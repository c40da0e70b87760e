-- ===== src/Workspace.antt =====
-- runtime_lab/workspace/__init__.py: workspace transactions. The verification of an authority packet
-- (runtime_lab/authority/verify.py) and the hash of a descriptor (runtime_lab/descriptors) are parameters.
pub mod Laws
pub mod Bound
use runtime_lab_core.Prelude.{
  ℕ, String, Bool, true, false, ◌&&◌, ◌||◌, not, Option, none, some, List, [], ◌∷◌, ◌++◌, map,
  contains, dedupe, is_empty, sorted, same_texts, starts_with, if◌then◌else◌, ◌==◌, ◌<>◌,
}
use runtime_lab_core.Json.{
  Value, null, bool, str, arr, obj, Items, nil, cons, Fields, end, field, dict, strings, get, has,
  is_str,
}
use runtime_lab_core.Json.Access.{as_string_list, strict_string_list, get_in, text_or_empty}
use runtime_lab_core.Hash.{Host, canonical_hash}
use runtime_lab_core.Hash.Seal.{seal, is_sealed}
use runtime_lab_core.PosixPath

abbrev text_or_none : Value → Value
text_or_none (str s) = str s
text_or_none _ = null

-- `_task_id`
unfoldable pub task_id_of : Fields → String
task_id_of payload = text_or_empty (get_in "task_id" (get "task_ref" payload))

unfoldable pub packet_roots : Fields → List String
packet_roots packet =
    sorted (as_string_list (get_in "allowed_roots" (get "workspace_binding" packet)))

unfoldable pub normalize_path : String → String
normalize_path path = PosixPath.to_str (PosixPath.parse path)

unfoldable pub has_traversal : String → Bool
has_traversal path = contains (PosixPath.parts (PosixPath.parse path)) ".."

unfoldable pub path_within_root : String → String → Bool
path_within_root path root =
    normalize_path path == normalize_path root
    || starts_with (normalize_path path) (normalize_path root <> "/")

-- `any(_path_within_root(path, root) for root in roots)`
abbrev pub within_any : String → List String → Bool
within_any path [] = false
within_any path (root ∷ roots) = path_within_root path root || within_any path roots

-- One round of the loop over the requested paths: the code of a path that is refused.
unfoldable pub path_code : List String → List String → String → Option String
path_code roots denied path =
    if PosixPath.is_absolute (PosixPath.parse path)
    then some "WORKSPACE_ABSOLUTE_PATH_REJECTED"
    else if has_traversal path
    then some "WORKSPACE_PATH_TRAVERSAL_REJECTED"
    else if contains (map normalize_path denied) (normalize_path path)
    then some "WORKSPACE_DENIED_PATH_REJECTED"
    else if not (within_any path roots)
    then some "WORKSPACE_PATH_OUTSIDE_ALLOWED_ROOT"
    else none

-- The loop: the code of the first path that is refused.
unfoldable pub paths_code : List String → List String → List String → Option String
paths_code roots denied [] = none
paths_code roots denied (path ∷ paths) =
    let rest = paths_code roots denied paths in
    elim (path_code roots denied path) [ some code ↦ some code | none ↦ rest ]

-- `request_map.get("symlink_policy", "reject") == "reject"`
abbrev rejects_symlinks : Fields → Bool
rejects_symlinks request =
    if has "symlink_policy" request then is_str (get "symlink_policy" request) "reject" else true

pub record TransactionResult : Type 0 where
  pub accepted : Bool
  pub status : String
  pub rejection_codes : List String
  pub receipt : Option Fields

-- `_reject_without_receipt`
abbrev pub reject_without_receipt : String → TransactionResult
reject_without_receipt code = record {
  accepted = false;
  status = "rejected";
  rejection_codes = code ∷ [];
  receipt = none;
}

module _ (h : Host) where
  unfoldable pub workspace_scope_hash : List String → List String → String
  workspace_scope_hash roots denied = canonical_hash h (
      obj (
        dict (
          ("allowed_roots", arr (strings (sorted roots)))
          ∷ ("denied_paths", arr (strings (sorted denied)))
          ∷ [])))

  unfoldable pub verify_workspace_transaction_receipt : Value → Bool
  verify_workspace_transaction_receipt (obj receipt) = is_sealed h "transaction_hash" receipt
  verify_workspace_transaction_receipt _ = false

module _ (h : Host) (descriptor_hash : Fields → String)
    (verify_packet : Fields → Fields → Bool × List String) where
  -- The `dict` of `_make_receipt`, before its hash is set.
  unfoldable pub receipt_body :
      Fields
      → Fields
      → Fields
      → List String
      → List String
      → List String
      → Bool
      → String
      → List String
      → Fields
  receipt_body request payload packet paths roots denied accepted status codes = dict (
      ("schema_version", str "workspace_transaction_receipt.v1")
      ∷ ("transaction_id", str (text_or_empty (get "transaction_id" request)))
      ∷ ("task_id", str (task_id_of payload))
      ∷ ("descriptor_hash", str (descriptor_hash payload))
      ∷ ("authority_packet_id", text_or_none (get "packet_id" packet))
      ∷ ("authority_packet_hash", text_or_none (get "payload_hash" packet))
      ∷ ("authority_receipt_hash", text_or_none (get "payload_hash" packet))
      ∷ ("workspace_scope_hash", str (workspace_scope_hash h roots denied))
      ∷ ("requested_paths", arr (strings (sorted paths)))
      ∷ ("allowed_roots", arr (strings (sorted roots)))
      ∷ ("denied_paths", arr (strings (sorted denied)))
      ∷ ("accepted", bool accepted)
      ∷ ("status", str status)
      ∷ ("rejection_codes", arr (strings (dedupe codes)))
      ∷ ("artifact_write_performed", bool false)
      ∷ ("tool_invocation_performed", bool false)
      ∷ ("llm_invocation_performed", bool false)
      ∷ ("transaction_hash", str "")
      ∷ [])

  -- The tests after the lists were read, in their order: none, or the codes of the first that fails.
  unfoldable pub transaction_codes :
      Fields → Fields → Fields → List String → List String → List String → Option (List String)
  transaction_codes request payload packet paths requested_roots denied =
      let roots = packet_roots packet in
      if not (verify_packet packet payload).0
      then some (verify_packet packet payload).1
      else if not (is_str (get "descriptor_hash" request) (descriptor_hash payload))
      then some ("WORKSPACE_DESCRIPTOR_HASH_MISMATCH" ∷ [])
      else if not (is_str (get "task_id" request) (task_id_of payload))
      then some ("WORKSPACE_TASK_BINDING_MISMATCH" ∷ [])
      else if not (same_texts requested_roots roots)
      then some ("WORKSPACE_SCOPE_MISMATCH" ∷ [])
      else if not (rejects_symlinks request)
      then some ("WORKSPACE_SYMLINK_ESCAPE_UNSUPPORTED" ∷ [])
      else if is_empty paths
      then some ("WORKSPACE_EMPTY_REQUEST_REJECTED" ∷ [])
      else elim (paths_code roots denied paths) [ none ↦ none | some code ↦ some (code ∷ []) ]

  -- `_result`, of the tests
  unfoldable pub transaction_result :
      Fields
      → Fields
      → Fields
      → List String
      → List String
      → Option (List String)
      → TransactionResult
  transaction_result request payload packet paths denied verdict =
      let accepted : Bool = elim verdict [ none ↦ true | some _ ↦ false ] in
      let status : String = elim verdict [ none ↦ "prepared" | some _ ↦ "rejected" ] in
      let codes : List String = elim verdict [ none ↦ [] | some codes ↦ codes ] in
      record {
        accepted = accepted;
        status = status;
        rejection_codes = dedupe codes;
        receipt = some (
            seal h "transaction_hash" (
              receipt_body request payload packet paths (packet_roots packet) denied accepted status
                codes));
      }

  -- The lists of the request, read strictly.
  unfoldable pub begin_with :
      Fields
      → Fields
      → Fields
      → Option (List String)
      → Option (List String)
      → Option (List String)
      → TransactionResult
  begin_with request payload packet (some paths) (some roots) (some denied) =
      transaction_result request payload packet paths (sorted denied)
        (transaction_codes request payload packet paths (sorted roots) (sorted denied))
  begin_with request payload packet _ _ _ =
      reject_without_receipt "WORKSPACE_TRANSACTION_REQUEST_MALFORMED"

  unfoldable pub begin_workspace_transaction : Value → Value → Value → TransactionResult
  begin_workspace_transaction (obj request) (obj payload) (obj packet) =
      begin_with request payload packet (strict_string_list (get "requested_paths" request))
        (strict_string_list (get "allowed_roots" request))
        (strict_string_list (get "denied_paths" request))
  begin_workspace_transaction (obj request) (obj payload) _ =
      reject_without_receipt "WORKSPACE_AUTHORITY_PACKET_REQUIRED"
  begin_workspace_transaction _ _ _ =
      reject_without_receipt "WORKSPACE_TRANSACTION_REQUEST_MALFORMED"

§ §

=== The task ===
Wherever "elim" occurs in the entries above, copy the line it sits on.

=== Solution to the problem ===
    elim (path_code roots denied path) [ some code ↦ some code | none ↦ rest ]
      else elim (paths_code roots denied paths) [ none ↦ none | some code ↦ some (code ∷ []) ]
      let accepted : Bool = elim verdict [ none ↦ true | some _ ↦ false ] in
      let status : String = elim verdict [ none ↦ "prepared" | some _ ↦ "rejected" ] in
      let codes : List String = elim verdict [ none ↦ [] | some codes ↦ codes ] in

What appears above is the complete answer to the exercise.